[Saved entries]
Start of Block

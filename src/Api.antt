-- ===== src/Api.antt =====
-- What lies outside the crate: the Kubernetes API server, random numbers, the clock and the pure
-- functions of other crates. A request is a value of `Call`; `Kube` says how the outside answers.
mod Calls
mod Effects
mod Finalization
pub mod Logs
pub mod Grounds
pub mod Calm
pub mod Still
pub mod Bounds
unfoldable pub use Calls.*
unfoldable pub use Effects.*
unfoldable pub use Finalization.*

End of Block

◆ Exercise requirements: The whole set of records needs to be written out exactly.

◆ Task answer:
filename src/Api.antt
-- ===== src/Api.antt =====
-- What lies outside the crate: the Kubernetes API server, random numbers, the clock and the pure
-- functions of other crates. A request is a value of `Call`; `Kube` says how the outside answers.
mod Calls
mod Effects
mod Finalization
pub mod Logs
pub mod Grounds
pub mod Calm
pub mod Still
pub mod Bounds
unfoldable pub use Calls.*
unfoldable pub use Effects.*
unfoldable pub use Finalization.*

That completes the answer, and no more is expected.